Lately it has become apparent that cryptocurrency is going to be a game changer for finance. Those who have done their research, will have realized that there is a Tangle-based protocol called IOTA unlike all others — and it is changing the game for cryptocurrency.
Thursday May/03/2018 the IOTA Foundation has given us insights into the mysterious Q that has driven the IOTA community crazy ever since it was mentioned. Until just now, nobody was certain what it was about, yet it was hyped up infinitely while the Foundation kept reassuring the community that the hype hasn’t even come close to what Q really is. Now we know that Q is indeed Qubic (qubic.iota.org). But so far nobody has fully grasped the consequences of this. One thing for sure, Qubic is changing the game for IOTA.
visualization from the qubic trailer: oracles; smart contracts
If you watch the trailer video, take a very close look at the visualization for “Oracles” and “Smart Contracts”. You will notice that the focus is clearly laid on the fiat currencies euro and U.S. dollar. There is an oracle feeding the EUR/USD conversion rate from bloomberg.com into the tangle. On the next screen you see two financial institutions being connected through a smart contract interacting with said currencies. First off, take a moment to make up your mind about what is going on here. It seems that they are trading fiat currencies via a smart contract. But, how the hell can they trade fiat currencies on the Tangle? And here is where my theory comes into play…
Just Imagine …
Let’s say there is an institution in the US with a capital of $1,000,000. Now their research suggests that the USD is going on a down trend for the next week, hence they want to change their funds to EUR. At the same time, over in Europe, there is a German insitution that wants to do the exact opposite and switch from EUR to USD for the same value.
Both instutions buy iota worth 5% = $50,000 of that value (this is their margin balance) and agree to sign a smart contract which locks up both iota funds, so they cannot be moved on the tangle. After three days USD has shown 1% growth compared to EUR and the German institution decides to end the contract (if none of the institutions ends the contract, it will be settled automatically as soon as the losses of one party would have reached the 5% margin balance).
In order to do that, the smart contract issues another settlement transaction which transfers the losses of the US institution in iotas to the German one. The smart contract is well aware of how much both institutions owe eachother at any moment, because it receives the exact EUR/USD rate through an oracle.
What’s the Big Deal?
This is basically decentralized margin trading without trust and fees. So what makes this a big deal? It would mean that all kinds of assets could be margin traded on the tangle and traders who use IOTA as a trading platform, will have to hold their margin balances in iotas. This is real world adoption of the iota token. Traders would have to buy iotas, not because they speculate on the iota price, but because they NEED it as the underlying value carrier to speculate on entirely different assets.

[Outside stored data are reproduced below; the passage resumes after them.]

-- ===== src/Interval/Lookup.antt =====
-- `is_in` and `get_interval` against the set that the list stands for.
use ostrich.Base.{ℕ, ◌≡◌, ◌<◌, refl, some, none, List, [], ◌∷◌, arith, lt→ltb}
use ostrich.Ordered.{rewind}
use ostrich.Ordered.Split.{Below, StartsFrom, lower_bound-first}
use ostrich.Interval.{
  Interval, IntervalList, is_in, is_in_at, get_interval, addition, lone_addition, deletion,
}
use ostrich.Interval.Shape.{Chained, ChainedBack, IsValid, CanSeek, top, at_lower_bound}
use ostrich.Interval.Covers.{covers, covers-rewind, covers-below, covers-above}

is_in_at-covers :
    (max x : ℕ) (before after : List Interval)
    → Below x before
    → StartsFrom x after
    → ChainedBack max before
    → Chained max (top before) after
    → CanSeek x (rewind before after)
    → is_in_at x after before ≡ some (covers x (rewind before after))
unfolding is_in_at
is_in_at-covers max x [] [] lo hi b a c = refl
is_in_at-covers max x ((start, end) ∷ before) [] lo hi b a c =
    rw (covers-rewind x before ((start, end) ∷ [])) (ground (arith, covers-above max x before))
is_in_at-covers max x [] ((start, end) ∷ after) lo hi b a c =
    ground (arith, covers-below max end x after)
is_in_at-covers max x ((s, e) ∷ before) ((start, end) ∷ after) lo hi b a c =
    rw (covers-rewind x before ((s, e) ∷ (start, end) ∷ after))
      (ground (arith, covers-above max x before, covers-below max end x after))

-- On a valid list, `is_in` finds exactly the patch ids of the intervals, and never steps back from
-- `begin()`, if the list is empty or its first interval does not start above the patch id.
pub is_in-covers :
    (x : ℕ) (l : IntervalList)
    → IsValid l
    → CanSeek x l.intervals
    → is_in x l ≡ some (covers x l.intervals)
unfolding is_in
is_in-covers x l =
    at_lower_bound (λ m after before. is_in_at x after before ≡ some (covers x m)) l.max x
      l.intervals (is_in_at-covers l.max x)

-- All five operations that seek a patch id do undefined behaviour.
abbrev pub StepsBack : ℕ → IntervalList → Type 0
StepsBack x l =
    (is_in x l ≡ none)
    × (get_interval x l ≡ none)
    × (addition x l ≡ none)
    × (lone_addition x l ≡ none)
    × (deletion x l ≡ none)

-- If the first interval starts above the patch id, then `is_in`, `get_interval`, `addition`,
-- `lone_addition` and `deletion` step back from `begin()`, which is undefined behaviour.
pub seek_below :
    (x max start end : ℕ) (m : List Interval)
    → x < start
    → StepsBack x (record { max = max; intervals = (start, end) ∷ m })
unfolding is_in get_interval addition lone_addition deletion
seek_below x max start end m h =
    let first = lower_bound-first x start end m h in
    let test = lt→ltb x start h in
    (rw (first, test), rw (first, test), rw (first, test), rw (first, test), rw (first, test))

And now let’s take all that a step further. If you can margin trade on the IOTA protocol, you can also make contracts on IOTA/USD and other IOTA/FIAT rates. And that is the groundwork for allowing you to hold a fiat coupled cryptocurrency: your funds will be stored safely on the Tangle with all the advantages it offers (feeless, instant and scalable transactions) while you can hold your value tied to fiat money. Basically you open an option with another party through a smart contract guaranteeing you that you can convert your “virtual fiat” back to iotas of the exact same fiat value at any point in time, ultimately outsourcing the volatility.
The other party can be a margin trader going long on IOTA doing the trade with you for free. Or it can be an institution that actually market trades the majority of iota funds to fiat on an exchange to hedge against the volatility and only keeps a margin in iotas as reserve for the smart contracts to settle. The smart contract will guarantee that you can withdraw your balance at any time from their iota reserves without asking for their permission. But you want it to be a regulated institution to make sure they will indeed keep refilling those reserves before they are empty. Because they have to pay for market trades, a service like this will likely require a negligible fee (which is more than fair considering all the advantages of holding a stable cryptocurrency).
Negligible because: If this option provider has a lot of customers opening/closing options each day, the majority of these trades will cancel out each other. And only rarely if there actually happens to be a bigger difference at the end of the day (too much or not enough funds in the reserve), the provider has to do a single market trade (iota → fiat or fiat → iota) to get it back in order. Bundling those options is far cheaper and more efficient than if each of the customers was doing individual market trades by themselves multiple times a day whenever they want to convert between iota and fiat.
Volatility is probably the main reason stopping real world adoption of cryptocurrencies as of now and Qubic seems to deliver a very smoothly and efficiently working solution. That’s what the IOTA Foundation might have had in mind when they were talking about an iota2fiat gateway.
But Wait, There Is More …
This is all huge already and I really don’t want to blow your mind, but have you thought about what that means for banking? Let this go through your mind until you realize the full implications: since the volatility is no longer a concern, you will be able to move your bank account to the Tangle. You will hold a smart contract with your bank, allowing you to make trustless (your bank cannot lock up your account), instant bank transactions online and for much lower fees, possibly even feeless. In order to allow that, your bank will have to hold their (2% or whatever) reserves as iota tokens so that the smart contract can access them at any point in time. Here is why qubic banking is beneficial from their point of view:
- Customer Satisfaction: Because of massively increased convenience and new possibilities for the account owners.
- Competition: Why should anyone use your archaic banking system where you have to wait days for transactions to complete while the other bank down the street offers feeless bank transfers where you can send money around the globe in seconds without having to trust them that they don’t lock up your account?
- Network Effect: In a world where the globally growing qubic banking system turns into a standard, your bank will have to integrate the new technology itself in order to exchange funds with other banks.
- Efficiency: The bank will save a lot of resources because all those individual (micro)transactions will be automatically handled on the tangle by smart contracts. They will only have to look for their reserves.
And even if you happen to not care about banks, think about this: With the growing adoption of the protocol in this sector, billions of dollars margin trading balances and bank reserves could be injected into iota, increasing the market cap by a multiple of that (for every $1 put into the market, the market cap will increase by something like $25). And if you are not jumping around in excitement right now, you probably haven’t bought enough iotas yet.